- **AIM OF THE EXERCISE**:
When the string "that" is part of a line in the data below, report the whole line.

═════ DATA ═════

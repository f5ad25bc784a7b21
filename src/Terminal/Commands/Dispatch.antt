-- ===== src/Terminal/Commands/Dispatch.antt =====
-- web/src/app/page.tsx, `runCommandTokens`: the assignments in front of a command, and the choice of it.
-- JavaScript's functions, the list of commands and the commands that are not modelled are a parameter; the
-- latter leave the directory and the variables alone, and `cp` is the one that changes files.
use tbd_dev.Prelude.{ℕ, String, true, List, [], ◌∷◌, ◌||◌, ◌==◌, if◌then◌else◌}
use tbd_dev.Terminal.Files.{Files}
use tbd_dev.Terminal.Calculator.{Floats}
use tbd_dev.Terminal.Variables.{Vars, assignments}
use tbd_dev.Terminal.Commands.{CommandResult, World, result, Report, reported}
use tbd_dev.Terminal.Commands.FileCommands.{cd, cat, mkdir, touch, rm, mv, file_command}
use tbd_dev.Terminal.Commands.NameCommands.{
  alias_command, unalias_command, export_command, unset_all, env_command, which_command,
}
use tbd_dev.Terminal.Commands.TextCommands.{pwd, echo, uniq, yes, calculate}

pub record Platform : Type 1 where
  pub floats : Floats
  pub print : ℕ → String
  pub trim : String → String
  pub sort : List String → List String
  pub now : ℕ
  pub command_list : List String
  -- the other commands: the arguments, the input, the directory and the world
  pub others : String → List String → List String → String → World → Files × Report

abbrev with_files : World → Files × CommandResult → World × CommandResult
with_files w (fs, r) = (record w { files = fs }, r)

abbrev with_aliases : World → Vars × CommandResult → World × CommandResult
with_aliases w (aliases, r) = (record w { aliases = aliases }, r)

abbrev with_env : World → Vars × CommandResult → World × CommandResult
with_env w (env, r) = (record w { env = env }, r)

abbrev with_report : World → String → Files × Report → World × CommandResult
with_report w cwd (fs, r) = (record w { files = fs }, reported cwd r)

module _ (js : Platform) where
  -- The commands that change what is shared.
  unfoldable pub run_changing :
      String → List String → List String → String → World → World × CommandResult
  unfolding mkdir touch rm mv alias_command unalias_command export_command unset_all
  run_changing cmd args stdin cwd w =
      if cmd == "mkdir"
      then with_files w (mkdir js.now args cwd w.files)
      else if cmd == "touch"
      then with_files w (touch js.now args cwd w.files)
      else if cmd == "rm"
      then with_files w (rm args cwd w.files)
      else if cmd == "mv"
      then with_files w (mv args cwd w.files)
      else if cmd == "alias"
      then with_aliases w (alias_command js.trim args cwd w.aliases)
      else if cmd == "unalias"
      then with_aliases w (unalias_command args cwd w.aliases)
      else if cmd == "export"
      then with_env w (export_command js.sort args cwd w.env)
      else if cmd == "unset"
      then (record w { env = unset_all args w.env }, result cwd 0 [])
      else with_report w cwd (js.others cmd args stdin cwd w)

  unfoldable pub run_command :
      String → List String → List String → String → World → World × CommandResult
  unfolding run_changing cd pwd cat echo uniq yes calculate file_command env_command which_command
  run_command cmd args stdin cwd w =
      if cmd == "clear" || cmd == "reset"
      then (w, record { output = []; cwd = cwd; exit_code = 0; clear = true })
      else if cmd == "pwd"
      then (w, pwd cwd)
      else if cmd == "cd"
      then (w, cd args cwd w.files)
      else if cmd == "cat"
      then (w, cat args stdin cwd w.files)
      else if cmd == "echo"
      then (w, echo args cwd)
      else if cmd == "uniq"
      then (w, uniq js.print args stdin cwd w.files)
      else if cmd == "env" || cmd == "printenv"
      then (w, env_command js.sort cwd w.env)
      else if cmd == "which" || cmd == "type"
      then (w, which_command js.command_list cmd args cwd w.aliases)
      else if cmd == "file"
      then (w, file_command args cwd w.files)
      else if cmd == "true"
      then (w, result cwd 0 [])
      else if cmd == "false"
      then (w, result cwd 1 [])
      else if cmd == "yes"
      then (w, yes args cwd)
      else if cmd == "bc" || cmd == "expr"
      then (w, calculate js.floats cmd args cwd)
      else run_changing cmd args stdin cwd w

  abbrev pub dispatch : List String × Vars → List String → String → World → World × CommandResult
  dispatch ([], env) stdin cwd w = (record w { env = env }, result cwd 0 [])
  dispatch (cmd ∷ args, env) stdin cwd w = run_command cmd args stdin cwd (record w { env = env })

  -- `runCommandTokens`
  unfoldable pub run_command_tokens :
      List String → List String → String → World → World × CommandResult
  unfolding run_command assignments
  run_command_tokens tokens stdin cwd w = dispatch (assignments tokens w.env) stdin cwd w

═════

- **SOLVED EXERCISE**:
-- JavaScript's functions, the list of commands and the commands that are not modelled are a parameter; the
-- latter leave the directory and the variables alone, and `cp` is the one that changes files.
  -- The commands that change what is shared.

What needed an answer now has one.